Strictly, ITEPA03 charges all pensions paid from the UK to income tax. However Regulation 57 of the Income Tax (PAYE) Regulations 2003 only imposes an obligation to operate PAYE on payments to a non-resident pensioner of pension which does not arise wholly from an employment carried out abroad. If the pension does arise wholly from an employment carried out abroad the pension is still charged to tax, but there is no obligation on the payer to operate PAYE.
Although the pension may be outside the operation of PAYE it is important to note that unless the pension is exempted by a Double Taxation Agreement the income will still be taxable in the UK via Self Assessment. Whilst many of the UK’s DTAs will exempt the pension income, not all do so. You must review the relevant DTA when a claim is made to exempt the pension from UK taxation.
Subjects needing special care
A pension paid by an employer (or the employer’s successor within the UK) to a former employee or dependants, is liable as pension income. This applies whether or not the pensioner is resident or not resident in the UK.
The CWG2 Employer Further Guide to PAYE and NICs sets out the procedures that apply when a pension starts.
The remainder of this subject is presented as follows
When is PAYE to be applied?
PAYE applies to all pensions paid to non-residents except where the pension arises wholly from an employment carried on abroad.
In practice, the term ‘wholly from an employment carried on abroad’ is extended to apply to pensions where
- The last ten years service in respect of which the pension is paid was abroad
The service abroad amounted to
- Half the total service in respect of which the pension is paid
- At least ten of the last twenty years
An employment is regarded as having been carried on abroad if
- The last ten years service in respect of which the pension is paid was abroad
- The service that was carried out abroad amounted to half of the total service in respect of which the pension is paid
- Covered at least ten of the last twenty years.
Any year where and individual performs duties in the UK cannot be a year when the employment was carried on abroad. Years of service refer to fiscal years. So any tax year in which an individual performs any duties in the UK, other than merely incidental duties, cannot be counted as a year of foreign service.
Example 1 - last ten years of service performed abroad
An employee commenced employment with a UK supermarket chain in 1986 in the UK. In 1988 the employee moves to Paris and worked in France until retiring in 2000. The employee has remained not resident in the UK and is now receiving a pension.

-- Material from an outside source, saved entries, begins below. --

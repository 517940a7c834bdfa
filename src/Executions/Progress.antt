-- ===== src/Executions/Progress.antt =====
-- What no operation of the repository undoes: completed tasks stay completed, tasks and their
-- parents stay, so a task that is ready stays ready.
use automation_platform.Base.{
  ap, sym, subst, ◌∙◌, ◌-◌, ◌≡◌, refl, Bool, true, some, List, [], ◌∷◌, arith, ltb, Option-cases,
  inl, inr, Bool-cases,
}
use automation_platform.Domain.{Uuid, Time, TaskStatus}
use automation_platform.Table.{find, accept}
use automation_platform.Executions.{
  TaskRow, Store, task_key, task, is_running, is_completed, is_running_workflow, mark_started,
  workflow, complete_task, retry_task, fail_workflow, CompleteTaskExecutionRequest,
  RetryTaskExecutionRequest,
}
use automation_platform.Executions.Effects.{on_row}
use automation_platform.Executions.Invariant.{Sound, Static, done, is_done, unmet}
use automation_platform.Executions.Start.{start_row, start_rows, start-Static}
use automation_platform.Executions.Complete.{
  complete_row, complete_rows, complete-Static, after as completed_store,
}
use automation_platform.Executions.Completion.{complete_task_refused, same_tasks}
use automation_platform.Executions.Retry.{
  after, retry_row, retry_rows, retry-Static, failed, cancel_row, cancel_rows, cancel-Static,
  fail_workflow_lem, after-Sound,
}
use automation_platform.Executions.Retrying.{retry_task_refused, can_retry, tried_row}

-- The task is there and all its parents are completed.
abbrev pub Ready : Store → Uuid → Type 0
Ready s i = (r : TaskRow) × (task i s ≡ some r) × (unmet (done s) r.parent_task_ids ≡ 0)

pub record Progress (s s' : Store) : Type 0 where
  pub kept :
      (i : Uuid) (r : TaskRow)
      → task i s ≡ some r
      → (r' : TaskRow) × (task i s' ≡ some r') × (r'.parent_task_ids ≡ r.parent_task_ids)
  pub done_kept : (p : Uuid) → done s p ≡ true → done s' p ≡ true

pub Progress-refl : (s : Store) → Progress s s
Progress-refl s = record { kept = λ i r h. (r, h, refl); done_kept = λ p h. h }

pub Progress-trans : (s t u : Store) → Progress s t → Progress t u → Progress s u
Progress-trans s t u a b = record {
  kept = λ i r h.
      let (r', h', e) = a.kept i r h in let (x, hx, ex) = b.kept i r' h' in (x, hx, ex ∙ e);
  done_kept = λ p h. b.done_kept p (a.done_kept p h);
}

unmet_zero_mono :
    (d d' : Uuid → Bool)
    → ((p : Uuid) → d p ≡ true → d' p ≡ true)
    → (ps : List Uuid) → unmet d ps ≡ 0
    → unmet d' ps ≡ 0
unmet_zero_mono d d' mono [] h = refl
unmet_zero_mono d d' mono (p ∷ ps) h = ground (arith, mono p, unmet_zero_mono d d' mono ps)

pub Ready-Progress : (s s' : Store) (i : Uuid) → Progress s s' → Ready s i → Ready s' i
Ready-Progress s s' i pr (r, h, z) =
    let (r', h', e) = pr.kept i r h in
    (r', h', rw e (unmet_zero_mono (done s) (done s') pr.done_kept r.parent_task_ids z))

pub rows-Progress :
    (s s' : Store) (f : TaskRow → TaskRow)
    → ((j : Uuid) → task j s' ≡ on_row f (task j s))
    → Static f
    → ((r : TaskRow) → is_completed r.status ≡ true → is_completed (f r).status ≡ true)
    → Progress s s'
rows-Progress s s' f rows st keeps = record {
  kept = λ i r h. (f r, ground (arith, rows i, h), st.parents r);
  done_kept = λ p h. elim (Option-cases (task p s)) [
    | inl n ↦ ground arith
    | inr (r, e) ↦ ground (arith, rows p, keeps r)
  ];
}

tasks-Progress : (s s' : Store) → s'.tasks ≡ s.tasks → Progress s s'
tasks-Progress s s' e = record {
  kept = λ i r h. (r, ap (find task_key i) e ∙ h, refl);
  done_kept = λ p h. ap (λ ts. is_done (find task_key p ts)) e ∙ h;
}

pub mark_started-Progress : (i : Uuid) (now : Time) (s : Store) → Progress s (mark_started i now s)
mark_started-Progress i now s =
    rows-Progress s (mark_started i now s) (start_row i now s) (start_rows i now s)
      (start-Static i now s) (λ r h. ground arith)

-- A completion undoes nothing: every task keeps its row and its parents, and every task that was
-- completed stays completed.
pub complete_task-Progress :
    (request : CompleteTaskExecutionRequest) (s : Store)
    → Sound s
    → Progress s (complete_task request s).1
complete_task-Progress request s v = elim (Option-cases (task request.task_execution_id s)) [
  | inl n ↦ rw (complete_task_refused request s v.unique (ground arith)) (Progress-refl s)
  | inr (t, h) ↦ elim (Bool-cases (is_running t.status)) [
    | inr idle ↦ rw (complete_task_refused request s v.unique (ground arith)) (Progress-refl s)
    | inl busy ↦
        let running : t.status ≡ TaskStatus.running = ground arith in
        Progress-trans s (completed_store request s t v h running) (complete_task request s).1
          (rows-Progress s (completed_store request s t v h running)
            (complete_row request s t v h running) (complete_rows request s t v h running)
            (complete-Static request s t v h running) (λ r c. ground arith))
          (tasks-Progress _ _ (same_tasks request s t v h running))
  ]
]

fail_workflow-Progress :
    (w : Uuid) (now : Time) (s : Store) → Sound s → Progress s (fail_workflow w now s).1
fail_workflow-Progress w now s v =
    elim (Option-cases (accept (λ r. is_running_workflow r.status) (workflow w s))) [
      | inl n ↦ rw (fail_workflow_lem w now s v) (rw n (Progress-refl s))
      | inr (x, e) ↦ rw (fail_workflow_lem w now s v) (
          rw e (
            rows-Progress s (failed w now s) (cancel_row w now s) (cancel_rows w now s)
              (cancel-Static w now s) (λ r c. ground arith)))
    ]

pub retry_task-Progress :
    (request : RetryTaskExecutionRequest) (s : Store)
    → Sound s
    → Progress s (retry_task request s).1
unfolding retry_task
retry_task-Progress request s v =
    let first : Progress s (after request s) =
      rows-Progress s (after request s) (retry_row request s) (retry_rows request s)
        (retry-Static request s) (λ r c. ground arith) in
    elim (Option-cases (accept (can_retry request s) (task request.task_execution_id s))) [
      | inl n ↦ rw (retry_task_refused request s v.unique n) (Progress-refl s)
      | inr (r, e) ↦
          let w = r.workflow_execution_id in
          let now = request.completed_at in
          elim (Bool-cases (ltb 0 (r.remaining_tries - 1))) [
            | inl again ↦
                let eq : (retry_task request s).1 ≡ after request s =
                  ground (arith, tried_row request s v.unique, e) in
                subst (Progress s) (sym eq) first
            | inr last ↦
                let eq : (retry_task request s).1 ≡ (fail_workflow w now (after request s)).1 =
                  ground (arith, tried_row request s v.unique, e) in
                subst (Progress s) (sym eq) (
                  Progress-trans s (after request s) (fail_workflow w now (after request s)).1 first
                    (fail_workflow-Progress w now (after request s) (after-Sound request s v)))
          ]
    ]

The employee has performed all of their duties for the last 12 years of employment outside the UK. As the last ten years of service have been performed outside the UK then PAYE will not apply to the occupational pension whilst the pensioner remains not resident in the UK.

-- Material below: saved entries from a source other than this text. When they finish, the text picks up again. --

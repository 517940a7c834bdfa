-- ===== src/Launch/Start.antt =====
-- `start_and_commit` up to its commit: what it adds to the tables, and what it enqueues after.
use mathlib.Core.Bool.{false≢true}
use automation_platform.Base.{
  ℕ, ◌≡◌, refl, Bool, true, false, not, none, some, List, [], ◌∷◌, ◌++◌, map, arith, sym, ap, subst,
  ◌&&◌, Bool-cases, ◌∙◌, inl, inr, ◌==◌, contains, length,
}
use automation_platform.Domain.{
  Uuid, Time, WorkflowDefinition, WorkflowExecution, TaskDefinition, TaskExecution, WorkflowStatus,
}
use automation_platform.Errors.{
  Result, ok, raised, ◌>>=◌, ◌>>◌, raise_if, workflow_definition_disabled,
}
use automation_platform.Table.{In, In-append, find_of_In, UniqueKeys}
use automation_platform.Executions.{Store, task, task_key}
use automation_platform.Executions.Invariant.{done, unmet}
use automation_platform.Executions.Progress.{Ready}
use automation_platform.Launch.{
  prepare_start, create_workflow_execution, create_child_task_lookup, new_ids, new_executions,
  create, task_to_model, workflow_to_model,
}
use automation_platform.Launch.Lookup.{Dict}
use automation_platform.Launch.Rows.{
  Executions, root_ids, is_root, new_executions_lem, AllLaunched, Executions-AllLaunched,
}
use automation_platform.Launch.Storage.{create_lem, append-Free-UniqueKeys}

-- The row of the new workflow execution.
abbrev pub launched_workflow :
    Uuid → Time → WorkflowDefinition → List TaskExecution → WorkflowExecution
launched_workflow w now definition es = record {
  id = w;
  workflow_definition_id = definition.id;
  status = WorkflowStatus.running;
  task_executions = es;
  created_at = now;
  started_at = none;
  completed_at = none;
}

abbrev pub build :
    Uuid
    → Time
    → WorkflowDefinition
    → Result (List TaskExecution × List Uuid)
    → Result (WorkflowExecution × List Uuid)
build w now definition o = o >>= λ built. ok (launched_workflow w now definition built.0, built.1)

built_lem :
    (w : Uuid) (now : Time) (definition : WorkflowDefinition) (m : Result (Dict (List Uuid)))
    (f : Dict (List Uuid) → Result (List TaskExecution × List Uuid)) (x : WorkflowExecution)
    (roots : List Uuid)
    → (m >>= λ kids. build w now definition (f kids)) ≡ ok (x, roots)
    → (kids : Dict (List Uuid)) × (es : List TaskExecution) × (m ≡ ok kids)
      × (f kids ≡ ok (es, roots))
      × (x ≡ launched_workflow w now definition es)
built_lem w now definition (raised e) f x roots h = cc
built_lem w now definition (ok kids) f x roots h =
    let (es, a, b, c) = inner (f kids) h in (kids, es, a, b, c)
  where
    inner :
        (o : Result (List TaskExecution × List Uuid))
        → build w now definition o ≡ ok (x, roots)
        → (es : List TaskExecution) × (ok kids ≡ ok kids)
          × (o ≡ ok (es, roots))
          × (x ≡ launched_workflow w now definition es)
    inner (raised e) h = cc
    inner (ok (es, r)) h = let er : r ≡ roots = cc in (es, refl, ap (λ r. ok (es, r)) er, cc)

pub create_workflow_execution_lem :
    (w : Uuid) (fresh : ℕ → Uuid) (now : Time) (definition : WorkflowDefinition)
    (x : WorkflowExecution) (roots : List Uuid)
    → create_workflow_execution w fresh now definition ≡ ok (x, roots)
    → let ids = new_ids fresh 0 definition.task_definitions [] in
      (kids : Dict (List Uuid)) × (es : List TaskExecution) × (create_child_task_lookup
          definition.task_definitions ids
        ≡ ok kids)
      × Executions w ids kids definition.task_definitions es
      × (roots ≡ root_ids es)
      × (x ≡ launched_workflow w now definition es)
unfolding create_workflow_execution
create_workflow_execution_lem w fresh now definition x roots h =
    let ids = new_ids fresh 0 definition.task_definitions [] in
    let (kids, es, hk, he, hx) =
      built_lem w now definition (create_child_task_lookup definition.task_definitions ids)
        (λ kids. new_executions w ids kids definition.task_definitions) x roots h in
    let (ex, er) = new_executions_lem w ids kids definition.task_definitions es roots he in
    (kids, es, hk, ex, er, hx)

abbrev pub outcome : WorkflowExecution × List Uuid → Store → Store × List Uuid × Uuid
outcome built t = (t, built.1, built.0.id)

-- The steps of a start that succeeds.
steps_lem :
    (w : Uuid) (definition : WorkflowDefinition) (s s' : Store) (i : Uuid) (roots : List Uuid)
    (b : Bool) (m : Result (WorkflowExecution × List Uuid))
    → (raise_if (not b) workflow_definition_disabled
        >> (m >>= λ built. create built.0 s >>= λ t. ok (outcome built t)))
      ≡ ok (s', roots, i)
    → (b ≡ true) × (x : WorkflowExecution) × (m ≡ ok (x, roots)) × (create x s ≡ ok s') × (x.id ≡ i)
steps_lem w definition s s' i roots false m h = cc
steps_lem w definition s s' i roots true (raised e) h = cc
steps_lem w definition s s' i roots true (ok (x, r)) h =
    let (a, b, c) = last (create x s) h in (refl, x, ap (λ r. ok (x, r)) b, a, c)
  where
    last :
        (o : Result Store)
        → (o >>= λ t. ok (outcome (x, r) t)) ≡ ok (s', roots, i)
        → (o ≡ ok s') × (r ≡ roots) × (x.id ≡ i)
    last (raised e) h = cc
    last (ok t) h = (cc, cc, cc)

pub prepare_start_lem :
    (w : Uuid) (fresh : ℕ → Uuid) (now : Time) (definition : WorkflowDefinition) (s s' : Store)
    (roots : List Uuid) (i : Uuid)
    → prepare_start w fresh now (some definition) s ≡ ok (s', roots, i)
    → let ids = new_ids fresh 0 definition.task_definitions [] in
      (kids : Dict (List Uuid)) × (es : List TaskExecution) × (create_child_task_lookup
          definition.task_definitions ids
        ≡ ok kids)
      × Executions w ids kids definition.task_definitions es
      × (roots ≡ root_ids es)
      × (create (launched_workflow w now definition es) s ≡ ok s')
      × (definition.enabled ≡ true)
      × (i ≡ w)
unfolding prepare_start
prepare_start_lem w fresh now definition s s' roots i h =
    let (en, x, hx, hc, hi) =
      steps_lem w definition s s' i roots definition.enabled
        (create_workflow_execution w fresh now definition) h in
    let (kids, es, hk, ex, er, e) =
      create_workflow_execution_lem w fresh now definition x roots hx in
    (kids, es, hk, ex, er, (rw e at hc), en, sym hi ∙ ap (λ x. x.id) e)

-- A start that succeeds adds one running workflow execution, and one pending task for each task
-- definition in their order, each with as many parents as its definition has dependencies and with
-- its counter at that number; it enqueues the tasks whose counter is 0, and returns the id of the
-- workflow execution. The definition was enabled.
pub start_adds_executions :
    (w : Uuid) (fresh : ℕ → Uuid) (now : Time) (definition : WorkflowDefinition) (s s' : Store)
    (roots : List Uuid) (i : Uuid)
    → prepare_start w fresh now (some definition) s ≡ ok (s', roots, i)
    → (es : List TaskExecution) × (s'.workflows
        ≡ s.workflows ++ workflow_to_model (launched_workflow w now definition es) ∷ [])
      × (s'.tasks ≡ s.tasks ++ map task_to_model es)
      × AllLaunched w definition.task_definitions es
      × (roots ≡ root_ids es)
      × (i ≡ w)
      × (definition.enabled ≡ true)
start_adds_executions w fresh now definition s s' roots i h =
    let ids = new_ids fresh 0 definition.task_definitions [] in
    let (kids, es, hk, ex, er, hc, en, hi) =
      prepare_start_lem w fresh now definition s s' roots i h in
    let (free, keys, hw, ht) = create_lem (launched_workflow w now definition es) s s' hc in
    (es, hw, ht, Executions-AllLaunched w ids kids definition.task_definitions es ex, er, hi, en)

-- The tables keep their primary keys.
pub prepare_start-UniqueKeys :
    (w : Uuid) (fresh : ℕ → Uuid) (now : Time) (definition : WorkflowDefinition) (s s' : Store)
    (roots : List Uuid) (i : Uuid)
    → prepare_start w fresh now (some definition) s ≡ ok (s', roots, i)
    → UniqueKeys task_key s.tasks
    → UniqueKeys task_key s'.tasks
prepare_start-UniqueKeys w fresh now definition s s' roots i h u =
    let (kids, es, hk, ex, er, hc, en, hi) =
      prepare_start_lem w fresh now definition s s' roots i h in
    let (free, keys, hw, ht) = create_lem (launched_workflow w now definition es) s s' hc in
    rw ht (append-Free-UniqueKeys (map task_to_model es) s.tasks u keys)

length-zero : (xs : List Uuid) → length xs ≡ 0 → xs ≡ []
length-zero [] h = refl
length-zero (x ∷ xs) h = ground arith

-- The row of a root task among the new ones.
root_row :
    (w : Uuid) (ts : List TaskDefinition) (es : List TaskExecution) (k : Uuid)
    → AllLaunched w ts es
    → contains k (root_ids es) ≡ true
    → (e : TaskExecution) × In (task_to_model e) (map task_to_model es)
      × (e.id ≡ k)
      × (e.parent_task_ids ≡ [])
root_row w [] [] k a h = absurd (false≢true h)
root_row w [] (e ∷ es) k a h = absurd a
root_row w (t ∷ ts) [] k a h = absurd a
root_row w (t ∷ ts) (e ∷ es) k (a, rest) h = elim (Bool-cases (is_root e && (k == e.id))) [
  | inl q ↦ (
    e,
    inl refl,
    (ground arith),
    length-zero e.parent_task_ids (ground (arith, a.parents, a.counter)),
  )
  | inr q ↦ let (x, i, eq, z) = root_row w ts es k rest (ground arith) in (x, inr i, eq, z)
]

-- Every task that a start enqueues is ready: it is stored, and all its parents are completed, since
-- it has none. The primary keys of the tasks were unique before.
pub start-Ready :
    (w : Uuid) (fresh : ℕ → Uuid) (now : Time) (definition : WorkflowDefinition) (s s' : Store)
    (roots : List Uuid) (i : Uuid)
    → prepare_start w fresh now (some definition) s ≡ ok (s', roots, i)
    → UniqueKeys task_key s.tasks
    → (k : Uuid) → contains k roots ≡ true
    → Ready s' k
start-Ready w fresh now definition s s' roots i h u k hk =
    let (es, hw, ht, a, er, hi, en) = start_adds_executions w fresh now definition s s' roots i h in
    let (e, row, eq, z) =
      root_row w definition.task_definitions es k a (subst (λ z. contains k z ≡ true) er hk) in
    let unique = prepare_start-UniqueKeys w fresh now definition s s' roots i h u in
    let stored =
      subst (In (task_to_model e)) (sym ht)
        (In-append (task_to_model e) s.tasks (map task_to_model es) row) in
    (
      task_to_model e,
      subst (λ j. task j s' ≡ some (task_to_model e)) eq
          (find_of_In task_key (task_to_model e) s'.tasks unique stored),
      ap (unmet (done s')) z,
    )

Example 2 - total length and location of service
An oil engineer has worked in the UK and overseas for the same UK company as detailed in the table below. The employee retired in 2000, remained not resident and has started to receive an occupational pension for the employment.
Whilst working abroad no duties were performed in the UK.
|Date||Location||Length of service|
|Jan 1975 to Dec 1977||UK||3 years|
|Jan 1978 to Dec 1980||Saudi Arabia||3 years|
|Jan 1981 to Dec 1985||Brazil||5 years|
|Jan 1986 to Dec 1993||UK||8 years|
|Jan 1994 to Dec 1996||Singapore||3 years|
|Jan 1997 to Dec 2000||Australia||4 years|
|Total length of service||26 years|
|Total years worked in UK||11 years|
|Total years worked abroad||15 years|
This employee has not spent the last ten years of service abroad. He only spent 7 years in Singapore and Australia following UK departure in December 1993. Therefore you should consider - was half the total length of service performed abroad?
To determine this you should take the total of years worked abroad as a fraction of the total length of service and multiply this figure by 100. Using the above example that gives 15 divided by 26 (0.577) x 100 = 57.7%.
You then need to also consider if at least ten of the last twenty years service was performed abroad?
Between January 1981 and December 2000 this employee worked for 12 years abroad. Therefore
- Over half of the total service has been performed abroad.
- At least ten of the last twenty years service has been performed abroad.
In this case the employment is regarded as carried on abroad, and PAYE would not be applied to the occupational pension whilst the pensioner remains not resident in the UK.
Pension paid for same employment
Importantly, you should note that the pension must be paid for employment with the same employer. In other words a pensioner cannot combine the length of overseas service performed with a number of different employers.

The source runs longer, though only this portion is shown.